Wir verbrachten eine herrliche Zeit mit Bobs Schwester und seinem Schwager und leisteten uns sogar einen Tag den Luxus, einen gemeinsamen Ausflug zu unternehmen. Farm und Baby wurden Mrs. Hicks anvertraut, und dann fuhren wir los. Es wurde ein wundervoller Tag; wir statteten der Discovery-Bay einen Besuch ab, der Bay, die ihren Namen 1792 von Captain Vancouver erhalten hat, als er wegen einer Schiffsreparatur in den Schutz der Küstengewässer einfuhr. Zum Abschied benannte er die Bucht nach seinem Schiff Discovery, und die kleine vorgelagerte Insel, die die Bucht vor den Stürmen schützt, erhielt den Namen Protection Island.

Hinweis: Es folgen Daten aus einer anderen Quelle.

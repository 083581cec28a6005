-- ===== src/Store.antt =====
-- src/store.rs: `FileStore`, the chunked file behind one log. A method returns the new store; the
-- clock is an argument, the zstd library a parameter, and reads and writes of the files succeed.
pub mod Inv
pub mod Flush
pub mod Append
pub mod Read
pub mod Open
pub mod Head
pub mod Stage
pub mod Receive
pub mod Frames
pub mod Retain
pub mod Upkeep
mod Tests
mod Changes
mod Settings
use timberfs.Prelude.{ℕ, ℤ, zero, suc, ◌+◌, ◌-◌, ◌*◌, ◌%◌, ◌^◌, Bool, true, false, ◌&&◌, min, max}
use timberfs.Prelude.{
  List, [], ◌∷◌, ◌++◌, Option, none, some, length, take, drop, get_elem?, get_last?,
}
use timberfs.Prelude.{Result, ok, err, ltb, leb, ◌==◌, if◌then◌else◌, not}
use timberfs.Bytes.{slice, write_at, set_len}
use timberfs.Format.{ChunkRecord, Dropped, add_u64, uncomp_end, comp_end, to_bytes}
use timberfs.Format.{record_len, rings_header_len, rings_header}
use timberfs.Format.Chunk.{Zstd, ChunkError, load_chunk, saturating_add}
use timberfs.Sap
use timberfs.Sap.{Sap, SapEntry}

pub record Config : Type 0 where
  pub chunk_size : ℕ
  pub level : ℤ
  pub flush_age_ms : ℕ

pub record StageBaseline : Type 0 where
  pub chunks : ℕ
  pub comp_size : ℕ
  pub buffer_start : ℕ

-- The two files of the pair are their bytes. `seal` is the `.sap.seal` file, and `wal` holds the
-- bytes of the `.sap` file.
pub record FileStore : Type 0 where
  pub trunk : List ℕ
  pub rings : List ℕ
  pub store_id : Option (List ℕ)
  pub staged : Option StageBaseline
  pub chunks : List ChunkRecord
  pub comp_size : ℕ
  pub buffer : List ℕ
  pub buffer_start : ℕ
  pub buffer_first_ms : Option ℕ
  pub buffer_last_ms : ℕ
  pub buffer_opened_ms : Option ℕ
  pub cache : Option (ℕ × List ℕ)
  pub wal : Option Sap
  pub seal : Option (List ℕ)
  pub next_seq : ℕ
  pub dropped : Dropped

abbrev pub is_none {ℓ} : {A : Type ℓ} → Option A → Bool
is_none none = true
is_none (some a) = false

abbrev pub is_some {ℓ} : {A : Type ℓ} → Option A → Bool
is_some none = false
is_some (some a) = true

abbrev pub unwrap_or {ℓ} : {A : Type ℓ} → Option A → A → A
unwrap_or none d = d
unwrap_or (some a) d = a

abbrev pub is_empty {ℓ} : {A : Type ℓ} → List A → Bool
is_empty [] = true
is_empty (x ∷ xs) = false

abbrev pub map_option {ℓ κ} : {A : Type ℓ} {B : Type κ} → (A → B) → Option A → Option B
map_option f none = none
map_option f (some a) = some (f a)

-- `slice.partition_point(pred)`. The library documents it for slices in which the elements that
-- satisfy the test come first, where the point between them and the others is the only possible
-- result. What it returns for a slice that is not so is not modelled.
unfoldable pub partition_point {ℓ} : {A : Type ℓ} → (A → Bool) → List A → ℕ
partition_point p [] = 0
partition_point p (x ∷ xs) = let later = partition_point p xs in if p x then suc later else 0

unfoldable pub size : FileStore → ℕ
size s = add_u64 s.buffer_start (length s.buffer)

unfoldable pub tape_start : FileStore → ℕ
tape_start s = s.dropped.uncomp_bytes

unfoldable pub tape_end : FileStore → ℕ
unfolding tape_start size
tape_end s = add_u64 (tape_start s) (size s)

-- `RINGS_HEADER_LEN + (i * RECORD_LEN)`
abbrev pub rec_off : ℕ → ℕ
rec_off i = rings_header_len + i * record_len

-- The record of the chunk that the buffer becomes, as a frame of `comp_len` bytes.
abbrev pub buffer_record : FileStore → ℕ → ChunkRecord
buffer_record s comp_len = record {
  uncomp_start = s.buffer_start;
  uncomp_len = length s.buffer;
  comp_start = s.comp_size;
  comp_len = comp_len;
  first_write_ms = unwrap_or s.buffer_first_ms s.buffer_last_ms;
  last_write_ms = s.buffer_last_ms;
  seq = s.next_seq;
}

abbrev pub sealing : FileStore → Bool
sealing s = is_none s.staged && is_some s.wal

-- `flush_chunk` in its four steps on disk. First the segment is synced and renamed to `.sap.seal`.
unfoldable pub flush_seal : FileStore → FileStore
unfolding Sap.sync
flush_seal s =
    if sealing s then record s { seal = map_option (λ w. (Sap.sync w).bytes) s.wal } else s

-- Then the frame is written to the trunk.
unfoldable pub flush_frame : List ℕ → FileStore → FileStore
unfolding write_at
flush_frame comp s = record s { trunk = write_at s.trunk s.comp_size comp }

-- Then the record is written to the index, unless it is held back, and the state in memory moves on.
unfoldable pub flush_index : ℕ → FileStore → FileStore
unfolding write_at to_bytes
flush_index comp_len s =
    let rec = buffer_record s comp_len in
    record s {
      rings =
          (if is_none s.staged
            then write_at s.rings (rec_off (length s.chunks)) (to_bytes rec)
            else s.rings);
      chunks = s.chunks ++ (rec ∷ []);
      comp_size = add_u64 s.comp_size comp_len;
      buffer = [];
      buffer_start = add_u64 s.buffer_start (length s.buffer);
      buffer_first_ms = none;
      buffer_opened_ms = none;
      next_seq = add_u64 s.next_seq 1;
    }

-- Then both files are synced, a fresh segment is started and the seal is removed.
unfoldable pub flush_unseal : FileStore → FileStore
unfolding Sap.create
flush_unseal s =
    if sealing s
    then record s { wal = some (Sap.create s.comp_size s.buffer_start); seal = none }
    else s

-- The write window of the buffer, and the entry's own.
abbrev pub widen : ℕ → ℕ → ℕ → FileStore → FileStore
widen now first_ms last_ms s =
    if is_empty s.buffer
    then record s {
      buffer_first_ms = some first_ms;
      buffer_last_ms = last_ms;
      buffer_opened_ms = some now;
    }
    else record s {
      buffer_first_ms = some (min (unwrap_or s.buffer_first_ms first_ms) first_ms);
      buffer_last_ms = max s.buffer_last_ms last_ms;
    }

-- The bytes enter the buffer and, unless staged, the segment.
unfoldable pub append_buffer : ℕ → ℕ → ℕ → List ℕ → FileStore → FileStore
unfolding Sap.append
append_buffer now first_ms last_ms bytes s =
    let w = widen now first_ms last_ms s in
    let entry : SapEntry = record { wf = first_ms; wl = last_ms; payload = bytes } in
    record w {
      buffer = w.buffer ++ bytes;
      wal = (if is_none w.staged then map_option (Sap.append entry) w.wal else w.wal);
    }

module _ (z : Zstd) (cfg : Config) where
  unfoldable pub flush_chunk : FileStore → FileStore
  unfolding flush_seal flush_frame flush_index flush_unseal
  flush_chunk s =
      let comp = z.encode cfg.level s.buffer in
      if is_empty s.buffer
      then s
      else flush_unseal (flush_index (length comp) (flush_frame comp (flush_seal s)))

  unfoldable pub append_windowed : ℕ → ℕ → ℕ → List ℕ → FileStore → FileStore
  unfolding append_buffer flush_chunk
  append_windowed now first_ms last_ms bytes s =
      let a = append_buffer now first_ms last_ms bytes s in
      if leb cfg.chunk_size (length a.buffer) then flush_chunk a else a

  unfoldable pub append_stamped : ℕ → ℕ → List ℕ → FileStore → FileStore
  unfolding append_windowed
  append_stamped now ts_ms bytes s = append_windowed now ts_ms ts_ms bytes s

  -- `now` is the clock, which `append` and `append_windowed` each read.
  unfoldable pub append : ℕ → List ℕ → FileStore → FileStore
  unfolding append_stamped
  append now bytes s = append_stamped now now bytes s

Wir besichtigten auch noch ein großes, verlassenes Herrenhaus im viktorianischen Stil, das sich auf einem Felsen über der Bucht erhob und Aussicht bis Crows Nest bot. Dem Vernehmen nach hatte ein Holzkönig vergangener Zeiten sich mit seiner jungen südamerikanischen Braut auf den Felsen zurückgezogen, doch nach zwei Monaten Einsamkeit wurde es der Südamerikanerin zu dumm, sie erklärte, die schöne Aussicht und das große Haus könnten ihr gestohlen bleiben, und lief, so schnell sie ihre kleinen Füße trugen, wieder in ihre südamerikanische Heimat zurück, was ich ihr nicht übelnehmen kann. Der Holzkönig zeigte weniger Verständnis. Er verschloß und verriegelte das prachtvolle Haus und ward nicht mehr gesehen.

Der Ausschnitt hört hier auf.